Ishida Hiroshi, Isami Shoichi, Matsumura Tsutomu, Umehara Hiroshi, Yamashita Yoshinori, Kajita Jiro, Fuse Eiichi, Kiyoi Hitoshi, Naoe Tomoki, Akinaga Shiro, Shiotsu Yukimasa, Arai Hitoshi
Pharmaceutical Research Center, Kyowa Hakko Kogyo Co., Ltd, 1188 Shimotogari, Nagaizumi-cho, Sunto-gun, Shizuoka 411-8731, Japan.
Bioorg Med Chem Lett. 2008 Oct 15;18(20):5472-7. doi: 10.1016/j.bmcl.2008.09.031. Epub 2008 Sep 11.

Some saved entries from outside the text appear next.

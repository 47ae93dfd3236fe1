-- ===== src/Server/Pairing/Refinement.antt =====
-- internal/server/auth.go, `Pair`: what becomes of the pairings and the sessions, row for row.
use lab_gate.Prelude.{
  ℕ, ltb, Text, List, [], ◌∷◌, ◌++◌, some, true, ◌&&◌, ◌==◌, ◌≡◌, text_eq, nat_eq, update,
}
use lab_gate.Config.{Config, admin}
use lab_gate.Server.Tables.{cli, Login, Approval, Pairing, is_unapproved}
use lab_gate.Server.Request.{Request}
use lab_gate.Server.Pairing.Steps.{Steps}
use lab_gate.Server.Pairing.Eviction.{IsKept}

-- The pairing `p` alone is taken out of `ps`.
pub record IsWithout (p : Pairing) (ps ps' : List Pairing) : Type 0 where
  pre : List Pairing
  post : List Pairing
  before : ps ≡ pre ++ p ∷ post
  after : ps' ≡ pre ++ post

-- What a request makes of the sessions `ls` and the pairings `ps`: nothing; or a pairing that is
-- unapproved stands behind those that are kept; or an administrator's approval is written to the
-- unexpired and unapproved pairings of a code; or one pairing, which is unexpired and approved by an
-- administrator, is taken out, and a session of that administrator's, from a command line, is added.
pub data Moves (c : Config) (ls : List Login) (ps : List Pairing) (ls' : List Login)
    (ps' : List Pairing) : Type 0 where
  leaves : ls' ≡ ls → ps' ≡ ps → Moves c ls ps ls' ps'
  begins :
      (now : ℕ) (kept : List Pairing) (p : Pairing)
      → is_unapproved p ≡ true
      → IsKept now ps kept
      → ls' ≡ ls
      → ps' ≡ kept ++ p ∷ []
      → Moves c ls ps ls' ps'
  accepts :
      (code : Text) (now : ℕ) (a : Approval)
      → admin c a.email ≡ true
      → ls' ≡ ls
      → ps'
        ≡ update
            (λ p. p.code == code && ltb now p.expires && is_unapproved p)
            (λ p. record p { approval = some a })
            ps
      → Moves c ls ps ls' ps'
  exchanges :
      (now : ℕ) (p : Pairing) (a : Approval) (l : Login)
      → ltb now p.expires ≡ true
      → p.approval ≡ some a
      → admin c a.email ≡ true
      → l.user ≡ record { email = a.email; name = a.name; kind = cli }
      → ls' ≡ ls ++ l ∷ []
      → IsWithout p ps ps'
      → Moves c ls ps ls' ps'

5-(1,3,4-Oxadiazol-2-yl)pyrimidine derivative 1 was identified as a new class of FLT3 inhibitor from our compound library. With the aim of enhancement of antitumor activity of 2 prepared by minor modification of 1, structure optimization of side chains at the 2-, 4-, and 5-positions of the pyrimidine ring of 2 was performed to improve the metabolic stability. Introduction of polar substituents on the 1,3,4-oxadiazolyl group contributed to a significant increase in the metabolic stability. As a result, a series of compounds showed increased efficacy against MOLM-13 xenograft model in mice by oral administration.
5-(1,3,4-恶二唑-2-基)嘧啶衍生物1是从我们的化合物库中鉴定出的一类新型FLT3抑制剂。为了通过对1进行微小修饰来增强所制备的2的抗肿瘤活性,对2嘧啶环2-、4-和5-位的侧链进行结构优化以提高代谢稳定性。在1,3,4-恶二唑基上引入极性取代基有助于显著提高代谢稳定性。结果,一系列化合物经口服给药后对小鼠MOLM-13异种移植模型显示出增强的疗效。